And Jesus, Jesus has come to re-establish friendship with God, to replace that broken relationship with something even more powerful based in grace. And so we read in our readings from 2 Corinthians, which have been given to a congregation that had been struggling with dysfunction and disagreement over issues of money, power, and sexuality. Paul writes them so we do not lose heart. Even though our outer nature is wasting away, our inner nature is being renewed day by day. This is an assurance that the resurrection of Christ and His Cross have created the conditions for a friendship that will never end.

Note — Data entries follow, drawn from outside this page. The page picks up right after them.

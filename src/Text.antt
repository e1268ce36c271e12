-- ===== src/Text.antt =====
-- Texts of the web client and of the daemon, as lists of code points, with the operations of
-- JavaScript's strings that the client uses: `===`, `trim`, `split`, `startsWith`, `toLowerCase`.
pub mod Equality
pub mod Trim
pub mod Split
use Prim.Native.Char.{code}
use ar_csent.Prelude.{
  ℕ, ◌+◌, Bool, true, false, ◌&&◌, ◌||◌, List, [], ◌∷◌, String, map, leb, ◌==◌, if◌then◌else◌,
  is_empty,
}

abbrev pub Text : Type 0
Text = List ℕ

-- The code points of a literal.
abbrev pub codes : String → Text
codes String.[] = []
codes (String.◌∷◌ c s) = code c ∷ codes s

-- `s === t`
unfoldable pub text_eq : Text → Text → Bool
text_eq [] [] = true
text_eq [] (y ∷ t) = false
text_eq (x ∷ s) [] = false
text_eq (x ∷ s) (y ∷ t) = x == y && text_eq s t

-- JavaScript's white space and line terminators: what `trim` removes and `\s` matches.
unfoldable pub is_space : ℕ → Bool
is_space c =
    (leb 9 c && leb c 13)
    || c == 32
    || c == 0xa0
    || c == 0x1680
    || (leb 0x2000 c && leb c 0x200a)
    || c == 0x2028
    || c == 0x2029
    || c == 0x202f
    || c == 0x205f
    || c == 0x3000
    || c == 0xfeff

unfoldable pub trim_start : Text → Text
trim_start [] = []
trim_start (x ∷ s) = let rest = trim_start s in if is_space x then rest else x ∷ s

unfoldable pub trim_end : Text → Text
trim_end [] = []
trim_end (x ∷ s) = let rest = trim_end s in if is_space x && is_empty rest then [] else x ∷ rest

unfoldable pub trim : Text → Text
unfolding trim_start trim_end is_space
trim s = trim_end (trim_start s)

-- Puts a character in front of the first piece.
abbrev pub push_front : ℕ → List Text → List Text
push_front x [] = (x ∷ []) ∷ []
push_front x (w ∷ ws) = (x ∷ w) ∷ ws

-- `s.split(c)` for a separator of one character.
unfoldable pub split_char : ℕ → Text → List Text
split_char c [] = [] ∷ []
split_char c (x ∷ s) = let rest = split_char c s in if x == c then [] ∷ rest else push_front x rest

-- `s.split(/\s+/)`; the flag says that the character before was white space.
unfoldable pub split_spaces_from : Bool → Text → List Text
split_spaces_from gap [] = [] ∷ []
split_spaces_from gap (x ∷ s) =
    let rest = split_spaces_from (is_space x) s in
    if is_space x then (if gap then rest else [] ∷ rest) else push_front x rest

unfoldable pub split_spaces : Text → List Text
unfolding split_spaces_from is_space
split_spaces s = split_spaces_from false s

unfoldable pub starts_with : Text → Text → Bool
starts_with s [] = true
starts_with [] (y ∷ p) = false
starts_with (x ∷ s) (y ∷ p) = x == y && starts_with s p

-- `toLowerCase` on one code point, exact where the result is an ASCII letter: A to Z and the
-- Kelvin sign. Other letters are left as they are.
unfoldable pub to_lower : ℕ → ℕ
to_lower c = if leb b'A' c && leb c b'Z' then c + 32 else if c == 0x212a then b'k' else c

unfoldable pub to_lower_case : Text → Text
unfolding to_lower
to_lower_case s = map to_lower s
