-- ===== src/Dict.antt =====
-- Plain JavaScript objects used as maps from texts (`Record<string, V>`), in order of insertion.
pub mod Laws
use ar_csent.Prelude.{ℕ, Option, none, some, List, [], ◌∷◌, if◌then◌else◌}
use ar_csent.Text.{Text, text_eq}

abbrev pub Dict {ℓ} : Type ℓ → Type ℓ
Dict V = List (Text × V)

module _ {ℓ} {V : Type ℓ} where
  -- `record[key]`; `none` is `undefined`.
  unfoldable pub get : Text → Dict V → Option V
  get k [] = none
  get k ((j, v) ∷ d) = if text_eq j k then some v else get k d

  -- `record[key] = value`, and `{ ...record, [key]: value }`.
  unfoldable pub set : Text → V → Dict V → Dict V
  set k v [] = (k, v) ∷ []
  set k v ((j, w) ∷ d) = if text_eq j k then (j, v) ∷ d else (j, w) ∷ set k v d

  -- `{ ...base, ...over }`
  unfoldable pub spread : Dict V → Dict V → Dict V
  unfolding set
  spread base [] = base
  spread base ((k, v) ∷ over) = spread (set k v base) over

The art I have before you today is on the front page of your bulletin. And we’re going to show it for you who are at home. It’s by Agnes Martin, she is an incredible artist. Go online and type in “friendship.” She painted this in 1963. Martin was born in Canada. She struggled with mental illness her entire career. She somehow flourished among the abstract expressionists of New York City. Very much a solitary woman in a man’s world at that time.
And she would do these grids in her paintings, but she also was not as impersonal as the others. She saw painting as a way of experiencing spiritual transcendence. She was a follower of Emerson and she believed powerfully in his view that we are all just particles waiting to join in this great oversoul of the world. And that connection with one another was a petamus for Emerson in friendship.
And so this painting has in it just layers upon layers of gold leaf and it shimmers when you walk up to it. And the grid behind it, of the lines there that might suggest to you bricks. But I want to suggest to you that it represents the fact when it comes to friendship, we’re all in the same position. None of us has any advantage when it comes to being a friend, none of us has any natural predisposition to be a friend to someone else.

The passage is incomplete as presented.